Q. What are PCB’s?
A. PCBs (polychlorinated biphenyls) are a group of synthetic oil-like
chemicals of the organochlorine family. Until their toxic nature was
recognized and their use was banned in the 1970’s, they were widely used
as insulation in electrical equipment, particularly transformers.
Reputable chemists have since concluded that “it was probably a
‘mistake’ ever to make or use PCBs”.
Q. Why are they dangerous?
A. They are serious poisons which have been shown to cause damage to
the reproductive, neurological and immune systems of wildlife and humans
and are known to cause cancer. Specifically, because PCBs in the body
mimic estrogen, women of child-bearing age and their infants are
particularly susceptible to a variety of development and reproductive
disorders. A National Academy of Sciences committee has stated that
“PCBs pose the largest potential carcinogenic risk of any environmental
contaminant for which measurements exist.”
Q. Where are they?
A. There are numerous known contaminated sites around the U. S. Among
the most dangerous of these, and of particular concern to residents of
the Hudson Valley, are the forty “hot spots” in the Hudson River
resulting from the dumping and leakage from General Electric plants at
Fort Edward and Hudson Falls. There are PCBs in Hudson River water,
biota, and sediment from Hudson Falls to New York City – 200 miles that
comprise the nation’s largest Superfund site.

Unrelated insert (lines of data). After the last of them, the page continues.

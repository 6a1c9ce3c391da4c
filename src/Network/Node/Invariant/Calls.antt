-- ===== src/Network/Node/Invariant/Calls.antt =====
-- The handlers and the cleaner keep the invariant.
use forgechain.Prelude.{ℕ, inl, inr, Option-cases, Option, none, some, List, [], ◌∷◌, Bytes, arith}
use forgechain.Prelude.Outcome.{After, After-then, on_branches}
use forgechain.Crypto.{OpenSsl}
use forgechain.Core.Transaction
use forgechain.Core.Transaction.{Transaction}
use forgechain.Core.Block
use forgechain.Core.Block.{Block}
use forgechain.Consensus.Difficulty.{Doubles}
use forgechain.Chain.State.{BlockOutcome}
use forgechain.Chain.Submit
use forgechain.Chain.Invariant.{IsSound}
use forgechain.Chain.Invariant.Calls.{
  submit_block-Keeps, submit_transaction-Keeps, adopt_branch-Keeps,
}
use forgechain.Network.Clock.{TimePoint}
use forgechain.Network.Node.State.{PeerPtr, no_sync, Node}
use forgechain.Network.Node.Peers.{remove_dead}
use forgechain.Network.Node.Sync.{sync_is_due, adopt_buffer, finish_sync_if_due}
use forgechain.Network.Node.Handlers.{
  syncs_with, take_block, handle_block, submit_block, take_transaction, handle_tx,
  submit_transaction,
}
use forgechain.Network.Node.Rounds.{clean}
use forgechain.Network.Node.Invariant.{
  no_sync-IsSync, IsValid, with_chain, with_sync, remove_dead-IsValid, Keeps, buffer_block-IsValid,
}

module _ ⦃ssl : OpenSsl⦄ ⦃doubles : Doubles⦄ where
  adopt_buffer-IsValid :
      (date : ℕ) (buffer : List Block) (node : Node)
      → IsValid node
      → After IsValid (adopt_buffer date buffer node)
  unfolding adopt_buffer
  adopt_buffer-IsValid date [] node v = v
  adopt_buffer-IsValid date (b ∷ bs) node v =
      After-then (λ p. IsSound p.1) IsValid (Submit.adopt_branch date (b ∷ bs) node.chain) _
        (adopt_branch-Keeps date (b ∷ bs) node.chain v.chain)
        λ adopted _ s. with_chain adopted.1 node s v

  finish_sync_if_due-IsValid :
      (now : TimePoint) (date : ℕ) (node : Node)
      → IsValid node
      → After IsValid (finish_sync_if_due now date node)
  unfolding finish_sync_if_due
  finish_sync_if_due-IsValid now date node v =
      on_branches (After IsValid) (sync_is_due now node) _ _
        (λ _.
          adopt_buffer-IsValid date node.sync_state.buffer _
            (with_sync no_sync node no_sync-IsSync v))
        (λ _. v)

  pub clean-IsValid :
      (now : TimePoint) (date : ℕ) (node : Node)
      → IsValid node
      → After IsValid (clean now date node)
  unfolding clean
  clean-IsValid now date node v =
      finish_sync_if_due-IsValid now date (remove_dead node) (remove_dead-IsValid node v)

  take_block-IsValid :
      (date : ℕ) (b : Block) (node : Node)
      → IsValid node
      → After (λ (r : BlockOutcome × Node). IsValid r.1) (take_block date b node)
  unfolding take_block
  take_block-IsValid date b node v =
      After-then (λ p. IsSound p.1) (λ (r : BlockOutcome × Node). IsValid r.1)
        (Submit.submit_block date b node.chain) _ (submit_block-Keeps date b node.chain v.chain)
        λ done _ s. with_chain done.1 node s v

  pub handle_block-Keeps :
      (now : TimePoint) (date : ℕ) (p : PeerPtr) (payload : Bytes) (node : Node)
      → IsValid node
      → Keeps (handle_block now date p payload node)
  unfolding handle_block syncs_with
  handle_block-Keeps now date p payload node v =
      on_branches Keeps (syncs_with p node) _ _
        (λ mine. buffer_block-IsValid now (Block.deserialize payload) node (ground arith) v)
        λ _. elim (Option-cases (Block.deserialize payload)) [
          | inl e ↦ rw e v
          | inr (b, e) ↦ rw e (
              After-then (λ (r : BlockOutcome × Node). IsValid r.1) (λ r. IsValid r.0)
                (take_block date b node) _ (take_block-IsValid date b node v) λ done _ v'. v')
        ]

  pub submit_block-IsValid :
      (date : ℕ) (b : Block) (node : Node) → IsValid node → Keeps (submit_block date b node)
  unfolding submit_block
  submit_block-IsValid date b node v =
      After-then (λ (r : BlockOutcome × Node). IsValid r.1) (λ r. IsValid r.0)
        (take_block date b node) _ (take_block-IsValid date b node v) λ done _ v'. v'

  take_transaction-Keeps :
      (exclude : Option PeerPtr) (tx : Transaction) (node : Node)
      → IsValid node
      → Keeps (take_transaction exclude tx node)
  unfolding take_transaction
  take_transaction-Keeps exclude tx node v =
      After-then (λ p. IsSound p.1) (λ r. IsValid r.0) (Submit.submit_transaction tx node.chain) _
        (submit_transaction-Keeps tx node.chain v.chain) λ added _ s. with_chain added.1 node s v

  pub handle_tx-Keeps :
      (p : PeerPtr) (payload : Bytes) (node : Node)
      → IsValid node
      → Keeps (handle_tx p payload node)
  unfolding handle_tx
  handle_tx-Keeps p payload node v = elim (Option-cases (Transaction.deserialize payload)) [
    | inl e ↦ rw (handle_tx, e) v
    | inr (tx, e) ↦ rw (handle_tx, e) (take_transaction-Keeps (some p) tx node v)
  ]

  pub submit_transaction-IsValid :
      (tx : Transaction) (node : Node) → IsValid node → Keeps (submit_transaction tx node)
  unfolding submit_transaction
  submit_transaction-IsValid tx node v = take_transaction-Keeps none tx node v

Q. How did PCB’s get into the water?
A. During the period when they were used, General Electric legally
dumped some 1.5 million pounds of PCBs into the Hudson River, and
unknowingly saturated the bedrock beneath both sites with at least that
much again. Pure PCBs are oozing out of the bedrock to this day,
constantly recontaminating the river.
Q. Isn’t this just a local problem?
A. No. Once bottom-dwelling organisms absorb the material it is passed
along up the food chain. Insoluble in water, PCBs are not readily
excreted and remain, in ever-increasing concentrations, lodged in the
fatty body tissues of fish as they grow. As one consequence, a
once-thriving commercial fishing industry in the Hudson Valley, earning
about $40 million annually, is now all but dead. Almost all of the
river-dwelling fish are migratory, and the effects are such that the New
York State Department of Health has issued an advisory telling people to
severely limit their consumption, even of fish caught recreationally in
the Hudson. Women of child-bearing age and children under fifteen are
advised to eat none at all. Since subsistence fishing is common in the
lower reaches of the river, there are particular concerns in these
areas. Further, unless the contaminated material is removed, there is
an ever-increasing risk that, while remaining dangerous, it will be
dispersed gradually, carried downstream, and thus become irrecoverable.